Naz̧arābād Today marks five hundred years since Raphael’s death; and a further tradition states that April 6th is the day of his birth as well. I’ve always loved School of Athens, and the Disputa, but really the piece by Raphael that moves me most is a preparatory sketch, one he executed for his final painting, the Transfiguration.
http://lyndsaycambridge.com/1index.php I saw this sketch at the Ashmolean Museum, while a student at Oxford. One of my (many) pleasures while there was to visit the print room at the Ashmolean; you request a folder – say, “sketches by Raphael” – put on gloves, and take your seat in the print room. A curator brings the folder out, and sets it on a stand in front of your seat, leaving you to the pleasure of going through the folder admiring the sketches. The curator lurks, to make sure all is well, but there is a lingering sense in the place that all those who request a folder of Raphael sketches are gentlemen, and to be trusted with such things.
I enthused about this print to my mother, and when she came to visit me at Oxford she made a trip to the museum and saw it for herself (I had something or other to do – write a paper or something like that). From that trip she brought me a print of the sketch, which traveled with me from place to place for years. I may well have it here at the house, but I’m sure if I have it it has suffered over the years: it was tacked up at first in my room at Oxford, then it traveled to the United States, graced my room at Princeton, then wandered to New York City. It never got framed, and acquired some dirt and creases and became unpresentable eventually.
But I never tired of looking at it. Now it makes me think of my mother; I think she saw, in Raphael’s old and young apostles, something like herself and her son. I was so forward, so intense in my interests, so curious, as the young St. John in the sketch; but also held back somehow; I desperately wanted to, but did not put my hands to the things I desired. Whereas old James sees something else; he does not thrust himself into the action, but merely watches with feeling; his curiosity has been satisfied already, he knows what he is seeing, and the track of a tear is visible on his face. His hands spread slightly though, as if he has to calm himself and keep himself in.
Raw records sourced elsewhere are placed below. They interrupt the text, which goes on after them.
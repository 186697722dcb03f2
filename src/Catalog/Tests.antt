-- ===== src/Catalog/Tests.antt =====
-- catalog.js: what is typed, at concrete inputs.
use swarmproof.Base.{
  all, All, List, Option, if◌then◌else◌, suc, take, true, zero, ℕ, [], false, none, refl, some, ◌∷◌,
  ◌≡◌,
}
use swarmproof.Base.Text.{Text, same, text}
use swarmproof.Catalog.{
  CandidateEntry, entry_of, is_hex_unit, known_trackers, make_candidate, not_magnet, parse_error,
  parse_input, ends_word, first_run, hash_behind, is_alnum_unit, is_base32_unit, is_letter_unit,
  is_word_unit, run_of, strip_small, trim, trim_end, trim_start, find_hash, once_each,
}
use swarmproof.Catalog.Magnet.{magnet_of, parse_input-magnet_of}
use swarmproof.Worker.Input.{lower, to_lower}
use swarmproof.Base.Dots.{is_digit}
use swarmproof.Metainfo.{is_empty}

trimmed : trim (text "  a b  ") ≡ text "a b"
unfolding trim trim_start trim_end is_empty swarmproof.ContentFilter.is_blank_unit
trimmed = refl

-- A word goes on before the parameter: it is none.
no_parameter : find_hash false (text "axt=urn:btih:") ≡ none
unfolding find_hash is_word_unit is_alnum_unit is_letter_unit is_digit to_lower strip_small
    hash_behind first_run run_of
no_parameter = refl

base32_hash :
    find_hash false (text "?XT=urn:btih:ABCDEFGHIJKLMNOPQRSTUVWXYZ234567&dn=x")
    ≡ some (text "ABCDEFGHIJKLMNOPQRSTUVWXYZ234567")
unfolding find_hash is_word_unit is_alnum_unit is_letter_unit is_digit to_lower strip_small
    hash_behind first_run run_of ends_word is_base32_unit
base32_hash = refl

trackers_once : once_each [] (text "a" ∷ text "b" ∷ text "a" ∷ []) ≡ text "a" ∷ text "b" ∷ []
unfolding once_each same
trackers_once = refl

abbrev letters : ℕ → Text
letters zero = []
letters (suc n) = b'z' ∷ letters n

all_letters : (n : ℕ) → All (λ c. is_alnum_unit c ≡ true) (letters n)
unfolding is_alnum_unit is_letter_unit to_lower
all_letters zero = tt
all_letters (suc n) = (refl, all_letters n)

abbrev as_typed : Text → Text
as_typed t = t

abbrev bare_url : Text → Option (Option Text × List Text)
bare_url t = some (none, [])

parse_input-magnet_of_example :
    (parse_input as_typed as_typed bare_url (letters 40) ≡ (
      if all is_hex_unit (letters 40)
      then entry_of (make_candidate as_typed (take 8 (letters 40)) (letters 40) known_trackers)
      else parse_error not_magnet))
    × ((e : CandidateEntry) × (parse_input as_typed as_typed bare_url (magnet_of (letters 40))
          ≡ entry_of e)
        × (e.info_hash ≡ lower (letters 40)))
parse_input-magnet_of_example =
    parse_input-magnet_of as_typed as_typed bare_url (letters 40) none [] refl (all_letters 40) refl
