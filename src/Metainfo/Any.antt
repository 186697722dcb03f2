-- ===== src/Metainfo/Any.antt =====
-- metainfo.js, `fetchFromAny`: peers of one torrent, asked in turn or a few at a time.
--
-- What `fetchMetadata` gives for a peer is an argument, and so is the time at which it gives it.
pub mod InTurn
pub mod Schedule
pub mod Progress
mod Tests
use swarmproof.Base.{
  List, Option, [], drop, if◌then◌else◌, leb, length, min, none, some, suc, take, zero, ℕ, ◌+◌, ◌∷◌,
}
use swarmproof.Metainfo.Fetch.{Result}
use swarmproof.PeerTable.{Peer, PeerTable, failed, rank, succeeded}

-- What the table is told of one attempt.
unfoldable pub learn : ℕ → Option PeerTable → Peer → Result → Option PeerTable
learn now none p r = none
learn now (some t) p r =
    if r.ok then some (succeeded now t p r.connect_ms) else some (failed now t p r.connected)

-- `table ? table.rank(peers, maxPeers) : peers.slice(0, maxPeers)`
unfoldable pub choose : ℕ → Option PeerTable → List Peer → ℕ → Option PeerTable × List Peer
choose now none peers max_peers = (none, take max_peers peers)
choose now (some t) peers max_peers = let (t', ps) = rank now t peers max_peers in (some t', ps)

-- The loop for a concurrency of one: the answer, the table, and the connections made. The clock moves
-- on by what an attempt takes.
unfoldable pub in_turn :
    (Peer → Result) → ℕ → Option PeerTable → List Peer → Option Result × Option PeerTable × ℕ
unfolding learn
in_turn attempt now t [] = (none, t, 0)
in_turn attempt now t (p ∷ ps) =
    let r = attempt p in
    let after = now + r.total_ms in
    let (answer, t', n) = in_turn attempt after (learn after t p r) ps in
    if r.ok then (some r, learn after t p r, 1) else (answer, t', n + 1)

-- The pool: the peers not yet asked (`ordered` from `next` on), the attempts in the air (one for each
-- worker that has not returned), the winner and the table.
pub record Race : Type 0 where
  pub waiting : List Peer
  pub flying : List Peer
  pub winner : Option Result
  pub table : Option PeerTable

-- Each worker runs up to its first attempt.
unfoldable pub launch : Option PeerTable → List Peer → ℕ → Race
launch t ordered concurrency =
    let workers = min concurrency (length ordered) in
    record {
      waiting = drop workers ordered;
      flying = take workers ordered;
      winner = none;
      table = t;
    }

-- The attempt at a place leaves the air.
unfoldable pub put_back : Peer → Option (Peer × List Peer) → Option (Peer × List Peer)
put_back p none = none
put_back p (some (q, rest)) = some (q, p ∷ rest)

unfoldable pub pull : ℕ → List Peer → Option (Peer × List Peer)
unfolding put_back
pull i [] = none
pull zero (p ∷ ps) = some (p, ps)
pull (suc i) (p ∷ ps) = put_back p (pull i ps)

-- A worker goes round its loop: it takes the next of the waiting peers, or returns.
unfoldable pub go_on : Race → List Peer → Race
go_on s [] = s
go_on s (p ∷ ps) = record s { waiting = ps; flying = p ∷ s.flying }

-- The attempt on a peer ends, with the winner there is by then.
unfoldable pub landed : ℕ → Result → Peer → Race → Option Result → Race
unfolding learn go_on
landed now r p s (some w) = s
landed now r p s none =
    if r.ok
    then record s { winner = some r; table = learn now s.table p r }
    else go_on (record s { table = learn now s.table p r }) s.waiting

unfoldable pub land_pulled : (Peer → Result) → ℕ → Race → Option (Peer × List Peer) → Race
unfolding landed
land_pulled attempt now s none = s
land_pulled attempt now s (some (p, rest)) =
    landed now (attempt p) p (record s { flying = rest }) s.winner

-- One step: the attempt at place `i` of those in the air ends at a time.
unfoldable pub land : (Peer → Result) → Race → ℕ × ℕ → Race
unfolding pull land_pulled
land attempt s (now, i) = land_pulled attempt now s (pull i s.flying)

-- A schedule says which attempt ends next, and when.
unfoldable pub fly : (Peer → Result) → Race → List (ℕ × ℕ) → Race
unfolding land
fly attempt s [] = s
fly attempt s (e ∷ es) = fly attempt (land attempt s e) es

-- `await Promise.all(...)` returns when nothing is in the air.
unfoldable pub fetch_from_any :
    (Peer → Result)
    → ℕ
    → Option PeerTable
    → List Peer
    → ℕ
    → ℕ
    → List (ℕ × ℕ)
    → Option Result × Option PeerTable
unfolding choose in_turn fly launch
fetch_from_any attempt now table peers max_peers concurrency schedule =
    let (t, ordered) = choose now table peers max_peers in
    if leb concurrency 1
    then (let (answer, t', n) = in_turn attempt now t ordered in (answer, t'))
    else (let s = fly attempt (launch t ordered concurrency) schedule in (s.winner, s.table))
In the painting, these two figures are not to my eye especially remarkable, so much less feeling is in the painting, than in the sketch. I think this is generally true of Raphael: I find myself often unmoved by his paintings, but his sketches, his lines, seem to have a depth beyond all other artists.
And that sketch for me is not only great art, but deeply personal. I am thankful for this – thankful that she had such a relationship with great art, and thankful that she shared it with me. It feels like something deep and lasting, something that means something to me twenty years later, and will still mean something in twenty years more, and even be to some extent communicable and shareable with others. Fine, beautiful things are like this: they take our love and interest and hold them, like heat held in a stone, such that others can feel them long afterward. Someday perhaps my own children will discover Raphael the draftsman, and I will be the one with the tear in my eye, hands slightly outstretched, while they peer with curious beauty at the life of the world.